Genetic and phenotypic diversity of wine-associated Hanseniaspora species

The genus Hanseniaspora includes apiculate yeasts commonly found in fruit- and fermentation-associated environments. Their genetic diversity and evolutionary adaptations remain largely unexplored despite their ecological and enological significance. This study investigated the phylogenetic relationships, genome structure, selection patterns, and phenotypic diversity of Hanseniaspora species isolated from wine environments, focusing on Hanseniaspora uvarum , the most abundant non- Saccharomyces yeast in wine fermentation. A total of 151 isolates were sequenced, including long-read genomes for representatives of the main phylogenetic clades. Comparative genomics revealed ancestral chromosomal rearrangements between the slow- (SEL) and fast-evolving (FEL) lineages that could have contributed to their evolutionary split, as well as significant loss of genes associated with mRNA splicing, chromatid segregation and signal recognition particle protein targeting specifically in the FEL lineage. Pangenome analysis within H. uvarum identified extensive copy number variation (CNV), particularly in genes related to xenobiotic tolerance, nutrient transport and metabolism.
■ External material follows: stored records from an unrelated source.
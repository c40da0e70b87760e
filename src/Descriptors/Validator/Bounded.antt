-- ===== src/Descriptors/Validator/Bounded.antt =====
-- The limits that a valid descriptor keeps to.
use runtime_lab_core.Prelude.{
  String, ◌≡◌, ◌&&◌, &&-eq-true, refl, sym, ◌∙◌, true, false, not, [], ◌∷◌, ok, raise, >>=-eq-ok,
  require-pass, arith, has_infix, starts_with,
}
use runtime_lab_core.Json.{
  Value, str, arr, obj, Items, nil, cons, Fields, strings, get, has, is_str, is_str-eq,
}
use runtime_lab_core.Json.Access.{is_texts, checked_get, has_any, has_all, has_only}
use runtime_lab_core.Hash.{Host}
use runtime_lab_core.Descriptors.Schema.{
  validate_schema_shape, validate_artifact_expectation, validate_artifacts,
  validate_required_string_fields, validate_text_list_fields, validate_nested_fields,
  forbidden_fields, allowed_fields, required_fields, get_or_empty,
}
use runtime_lab_core.Descriptors.Validator.{
  TextTools, field_claims, claims, boundary, capabilities, validate_descriptor, is_single_root,
}
use runtime_lab_core.Descriptors.Validator.Laws.{validate_descriptor-Passes, checked_get-eq-ok}
use runtime_lab_core.Descriptors.Validator.Parts.{
  AreArtifacts, IsModest, is_texts-eq, validate_artifacts-AreArtifacts, value_claims-IsModest,
}

-- A list of texts, if it is there, makes no forbidden claim.
pub IsModestAt : (tools : TextTools) (k : String) (payload : Fields) → Type 0
IsModestAt tools k payload = has k payload ≡ true → IsModest tools (get k payload)

-- The limits that a descriptor keeps to.
pub record IsBounded (tools : TextTools) (payload : Fields) : Type 0 where
  pub closed : has_only allowed_fields payload ≡ true
  pub clean : has_any forbidden_fields payload ≡ false
  pub action : get "action_type" payload ≡ str "write_text_artifact"
  pub root : String
  pub limits : Fields
  pub limited : get "workspace_boundary" payload ≡ obj limits
  pub single : get "allowed_roots" limits ≡ arr (cons (str root) nil)
  pub root_relative : starts_with root "/" ≡ false
  pub root_inside : has_infix root ".." ≡ false
  pub artifacts : Items
  pub declared : get "artifact_expectation" payload ≡ arr artifacts
  pub placed : AreArtifacts root artifacts
  pub authority : Fields
  pub authorised : get "authority_binding" payload ≡ obj authority
  pub granted : get "required_grants" authority ≡ arr (strings ("null_descriptor_scope" ∷ []))
  pub modest : IsModest tools (get "non_claims" payload)
  pub before : IsModestAt tools "preconditions" payload
  pub after : IsModestAt tools "postconditions" payload
  pub references : IsModestAt tools "compatibility_refs" payload
  pub noted : IsModestAt tools "notes" payload

is_single_root-root :
    (v : Value)
    → is_single_root v ≡ true
    → (root : String) × (v ≡ arr (cons (str root) nil))
      × (starts_with root "/" ≡ false)
      × (has_infix root ".." ≡ false)
unfolding is_single_root
is_single_root-root (arr (cons (str root) nil)) e =
    (root, refl, ground (arith, e), ground (arith, e))
is_single_root-root _ e = absurd cc

get_or_empty_present : (k : String) (d : Fields) → has k d ≡ true → get_or_empty k d ≡ get k d
get_or_empty_present k d e = rw e refl

-- The mapping under a key that is required.
obj-at :
    (k j : String) (payload : Fields) {v : Value}
    → has k payload ≡ true
    → checked_get j (get_or_empty k payload) ≡ ok v
    → (d : Fields) × (get k payload ≡ obj d) × (get j d ≡ v)
obj-at k j payload present e =
    let (d, is_obj, got) = checked_get-eq-ok j (get_or_empty k payload) e in
    (d, sym (get_or_empty_present k payload present) ∙ is_obj, got)

-- The single root, from the test of the boundary.
boundary-root :
    (payload : Fields)
    → has "workspace_boundary" payload ≡ true
    → boundary payload ≡ ok tt
    → (limits : Fields) × (root : String) × (get "workspace_boundary" payload ≡ obj limits)
      × (get "allowed_roots" limits ≡ arr (cons (str root) nil))
      × (starts_with root "/" ≡ false)
      × (has_infix root ".." ≡ false)
unfolding boundary
boundary-root payload present e =
    let (roots, roots_got, e1) =
      >>=-eq-ok (checked_get "allowed_roots" (get_or_empty "workspace_boundary" payload)) _ e in
    let (mode, _, e2) =
      >>=-eq-ok (checked_get "mode" (get_or_empty "workspace_boundary" payload)) _ e1 in
    let (tested, _) = require-pass (is_str mode "single_root" && is_single_root roots) _ _ e2 in
    let (limits, limited, at) =
      obj-at "workspace_boundary" "allowed_roots" payload present roots_got in
    let (root, one, relative, inside) =
      is_single_root-root roots
        (&&-eq-true (is_str mode "single_root") (is_single_root roots) tested).1 in
    (limits, root, limited, at ∙ one, relative, inside)

listed :
    (v limits : Value)
    → elim v [
      | arr items ↦ validate_artifacts limits items
      | _ ↦ raise "B1_DESCRIPTOR_INVALID_FIELD_TYPE"
    ]
      ≡ ok tt
    → (items : Items) × (v ≡ arr items) × (validate_artifacts limits items ≡ ok tt)
listed (arr items) limits e = (items, refl, e)
listed _ limits e = absurd cc

artifacts-placed :
    (payload limits : Fields) (root : String)
    → has "workspace_boundary" payload ≡ true
    → get "workspace_boundary" payload ≡ obj limits
    → get "allowed_roots" limits ≡ arr (cons (str root) nil)
    → validate_artifact_expectation payload ≡ ok tt
    → (items : Items) × (get "artifact_expectation" payload ≡ arr items) × AreArtifacts root items
unfolding validate_artifact_expectation
artifacts-placed payload limits root present limited single e =
    let (items, declared, passed) =
      listed (get "artifact_expectation" payload) (get_or_empty "workspace_boundary" payload) e in
    let same : get_or_empty "workspace_boundary" payload ≡ obj limits =
      get_or_empty_present "workspace_boundary" payload present ∙ limited in
    (items, declared, validate_artifacts-AreArtifacts limits root single items (rw same at passed))

-- The tests of the schema that the limits rest on.
shape-facts :
    (payload : Fields)
    → validate_schema_shape payload ≡ ok tt
    → (has_any forbidden_fields payload ≡ false)
      × (has_only allowed_fields payload ≡ true)
      × (has_all required_fields payload ≡ true)
      × (validate_artifact_expectation payload ≡ ok tt)
unfolding validate_schema_shape
shape-facts payload e =
    let (clean, e1) = require-pass (not (has_any forbidden_fields payload)) _ _ e in
    let (closed, e2) = require-pass (has_only allowed_fields payload) _ _ e1 in
    let (complete, e3) = require-pass (has_all required_fields payload) _ _ e2 in
    let (_, _, e4) = >>=-eq-ok (validate_required_string_fields payload) _ e3 in
    let (_, _, e5) = >>=-eq-ok (validate_text_list_fields payload) _ e4 in
    let (_, _, e6) = >>=-eq-ok (validate_nested_fields payload) _ e5 in
    let (_, placed, _) = >>=-eq-ok (validate_artifact_expectation payload) _ e6 in
    (ground (arith, clean), closed, complete, placed)

-- The grants and the action.
capabilities-facts :
    (payload : Fields)
    → has "authority_binding" payload ≡ true
    → capabilities payload ≡ ok tt
    → (get "action_type" payload ≡ str "write_text_artifact")
      × ((authority : Fields) × (get "authority_binding" payload ≡ obj authority)
          × (get "required_grants" authority ≡ arr (strings ("null_descriptor_scope" ∷ []))))
unfolding capabilities
capabilities-facts payload present e =
    let (grants, granted, e1) =
      >>=-eq-ok (checked_get "required_grants" (get_or_empty "authority_binding" payload)) _ e in
    let (actions, _, e2) =
      >>=-eq-ok (checked_get "allowed_actions" (get_or_empty "capability_boundary" payload)) _ e1 in
    let grants_given = is_texts grants ("null_descriptor_scope" ∷ []) in
    let actions_given = is_texts actions ("write_text_artifact" ∷ []) in
    let (matched, e3) = require-pass (grants_given && actions_given) _ _ e2 in
    let (acts, _) =
      require-pass (is_str (get "action_type" payload) "write_text_artifact") _ _ e3 in
    let (authority, authorised, at) =
      obj-at "authority_binding" "required_grants" payload present granted in
    (
      is_str-eq (get "action_type" payload) "write_text_artifact" acts,
      (
        authority,
        authorised,
        at
            ∙ is_texts-eq grants ("null_descriptor_scope" ∷ [])
                (&&-eq-true grants_given actions_given matched).0,
      ),
    )

module _ (tools : TextTools) where
  field_claims-IsModestAt :
      (k : String) (payload : Fields) {u : Unit {0}}
      → field_claims tools k payload ≡ ok u
      → IsModestAt tools k payload
  unfolding IsModestAt
  field_claims-IsModestAt k payload e present =
      value_claims-IsModest tools (get k payload) (rw present at e)

  claims-IsModestAt :
      (payload : Fields)
      → claims tools payload ≡ ok tt
      → IsModestAt tools "preconditions" payload
        × IsModestAt tools "postconditions" payload
        × IsModestAt tools "compatibility_refs" payload
        × IsModestAt tools "notes" payload
        × IsModestAt tools "non_claims" payload
  unfolding claims
  claims-IsModestAt payload e =
      let (_, f1, e1) = >>=-eq-ok (field_claims tools "preconditions" payload) _ e in
      let (_, f2, e2) = >>=-eq-ok (field_claims tools "postconditions" payload) _ e1 in
      let (_, f3, e3) = >>=-eq-ok (field_claims tools "compatibility_refs" payload) _ e2 in
      let (_, f4, e4) = >>=-eq-ok (field_claims tools "notes" payload) _ e3 in
      (
        field_claims-IsModestAt "preconditions" payload f1,
        field_claims-IsModestAt "postconditions" payload f2,
        field_claims-IsModestAt "compatibility_refs" payload f3,
        field_claims-IsModestAt "notes" payload f4,
        field_claims-IsModestAt "non_claims" payload e4,
      )

module _ (h : Host) (tools : TextTools) where
  -- A valid descriptor has none but the listed fields, none of the forbidden ones, the one action and its one grant;
  -- its workspace is one relative root without `..`, below which all of its artifacts lie; and none of the texts in its
  -- non-claims and, where they are there, its preconditions, postconditions, compatibility references and notes makes
  -- a forbidden claim.
  pub validate_descriptor-IsBounded :
      (payload valid : Fields)
      → validate_descriptor h tools (obj payload) ≡ ok valid
      → IsBounded tools payload
  unfolding IsModestAt
  validate_descriptor-IsBounded payload valid e =
      let (passed, _) = validate_descriptor-Passes h tools payload e in
      let (before, after, references, noted, modest) =
        claims-IsModestAt tools payload passed.claimed in
      let (clean, closed, complete, placed) = shape-facts payload passed.shaped in
      let at_boundary : has "workspace_boundary" payload ≡ true = ground (arith, complete) in
      let (limits, root, limited, single, relative, inside) =
        boundary-root payload at_boundary passed.bounded in
      let (items, declared, below) =
        artifacts-placed payload limits root at_boundary limited single placed in
      let (acts, (authority, authorised, granted)) =
        capabilities-facts payload (ground (arith, complete)) passed.capable in
      record {
        closed = closed;
        clean = clean;
        action = acts;
        root = root;
        limits = limits;
        limited = limited;
        single = single;
        root_relative = relative;
        root_inside = inside;
        artifacts = items;
        declared = declared;
        placed = below;
        authority = authority;
        authorised = authorised;
        granted = granted;
        modest = modest (ground (arith, complete));
        before = before;
        after = after;
        references = references;
        noted = noted;
      }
Investigation into the selective landscape following the FEL/SEL divergence identified diversifying selection in 229 genes in the Hanseniaspora FEL lineage, with significant enrichment in genes within the lysine biosynthetic pathway, suggesting a key role for this amino acid in early FEL adaptation. In H. uvarum , signatures of recent positive selection were detected in genes linked to sulphur assimilation, sterol biosynthesis and glycerol production, indicating potential adaptation to the stresses imposed by grape and wine fermentation. Furthermore, phenotypic screening of 113 isolates revealed substantial intraspecific diversity, with specific species exhibiting enhanced ethanol, osmotic, copper, SO₂, and cold tolerance. These findings provide novel insights into the genomic evolution and functional diversity of Hanseniaspora , expanding our understanding of yeast adaptation to wine fermentation and laying the foundation for targeted gene investigations within this important genus.